■ What to work on ■
Could you print exactly the lines of the listing below, starting at the line that has "pub http_duration : Histogram" and ending at the line that has "pub url : Text", and only those lines?
○ ○ ○ ○
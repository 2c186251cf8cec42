-- ===== src/Metrics/Http.antt =====
-- src/observability/metrics/http-metrics.middleware.ts and the HTTP series of metrics.service.ts.
--
-- A clock is in nanoseconds and does not run backwards; a duration is an exact fraction.
pub mod Once
pub mod InFlight
use iveri_nest_sdk.Common.{
  ℕ, zero, suc, ◌-◌, Bool, true, false, Option, none, some, List, [], ◌∷◌, ◌++◌, if◌then◌else◌,
}
use iveri_nest_sdk.Common.Text.{Text, before}
use iveri_nest_sdk.Outbox.Retry.{Fraction}
use iveri_nest_sdk.Exception.Value.{JsValue}
use iveri_nest_sdk.Exception.Route.{
  is_infrastructure_route, infrastructure_route_prefixes, read_route_pattern,
}
use iveri_nest_sdk.Metrics.Registry.{MetricsModuleOptions}
use iveri_nest_sdk.Metrics.Client.{HttpLabels, Meters}

abbrev nanoseconds_per_second : ℕ
nanoseconds_per_second = 1000000000

-- `metrics`, as far as a request moves them.
pub record MetricsService (Gauge Counter Histogram : Type 0) : Type 0 where
  pub http_in_flight : Gauge
  pub http_requests : Counter
  pub http_duration : Histogram

pub record HttpRequestObservation : Type 0 where
  pub labels : HttpLabels
  pub duration_seconds : Fraction

pub record Request : Type 0 where
  pub method : Text
  pub original_url : Text
  pub url : Text

-- A request between `use` and the end of its response: what `record` closes over.
pub record Tracked : Type 0 where
  pub method : Text
  pub started_at : ℕ
  pub recorded : Bool

-- A `finish` or a `close` of a response, with what the request and the response then hold.
pub record Ending : Type 0 where
  pub base_url : Text
  pub route : JsValue
  pub status_code : ℕ
  pub now : ℕ

-- The routes that are not counted, `DEFAULT_IGNORED_METRICS_ROUTES` if the options name none.
unfoldable ignored_routes_of : MetricsModuleOptions → List Text
ignored_routes_of options = elim options.ignored_routes [
  | none ↦ infrastructure_route_prefixes
  | some routes ↦ routes
]

-- The path without the query; an `originalUrl` that is empty gives way to `url`.
unfoldable pub read_path : Request → Text
unfolding before
read_path request = elim request.original_url [
  | [] ↦ before b'?' request.url
  | c ∷ s ↦ before b'?' (c ∷ s)
]

unfoldable pub observation_of : Tracked → Ending → HttpRequestObservation
unfolding read_route_pattern
observation_of tracked ending = record {
  labels = record {
    method = tracked.method;
    route = read_route_pattern ending.base_url ending.route;
    status_code = ending.status_code;
  };
  duration_seconds = record {
    numerator = ending.now - tracked.started_at;
    denominator = nanoseconds_per_second;
  };
}

module _ {Gauge Counter Histogram : Type 0} (m : Meters Gauge Counter Histogram) where
  unfoldable track_request_started :
      MetricsService Gauge Counter Histogram → MetricsService Gauge Counter Histogram
  track_request_started s = record s { http_in_flight = m.inc s.http_in_flight }

  unfoldable track_request_finished :
      MetricsService Gauge Counter Histogram → MetricsService Gauge Counter Histogram
  track_request_finished s = record s { http_in_flight = m.dec s.http_in_flight }

  unfoldable pub observe_http_request :
      HttpRequestObservation
      → MetricsService Gauge Counter Histogram
      → MetricsService Gauge Counter Histogram
  observe_http_request o s = record s {
    http_requests = m.count o.labels s.http_requests;
    http_duration = m.observe o.labels o.duration_seconds s.http_duration;
  }

  -- `use`: an ignored route is not tracked.
  unfoldable pub begin_request :
      (ignored_routes : List Text) (request : Request) (now : ℕ)
      → MetricsService Gauge Counter Histogram
      → Option Tracked × MetricsService Gauge Counter Histogram
  unfolding read_path track_request_started
  begin_request ignored_routes request now s =
      if is_infrastructure_route (read_path request) ignored_routes then (none, s) else (
        some (record { method = request.method; started_at = now; recorded = false }),
        track_request_started s,
      )

  -- `record`, the listener of both events.
  unfoldable pub record_end :
      Ending
      → Tracked
      → MetricsService Gauge Counter Histogram
      → Tracked × MetricsService Gauge Counter Histogram
  unfolding observation_of track_request_finished observe_http_request
  record_end ending tracked s = if tracked.recorded then (tracked, s) else (
    record tracked { recorded = true },
    observe_http_request (observation_of tracked ending) (track_request_finished s),
  )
○ ○ ○ ○
■ Exercise output ■
  pub http_duration : Histogram

pub record HttpRequestObservation : Type 0 where
  pub labels : HttpLabels
  pub duration_seconds : Fraction

pub record Request : Type 0 where
  pub method : Text
  pub original_url : Text
  pub url : Text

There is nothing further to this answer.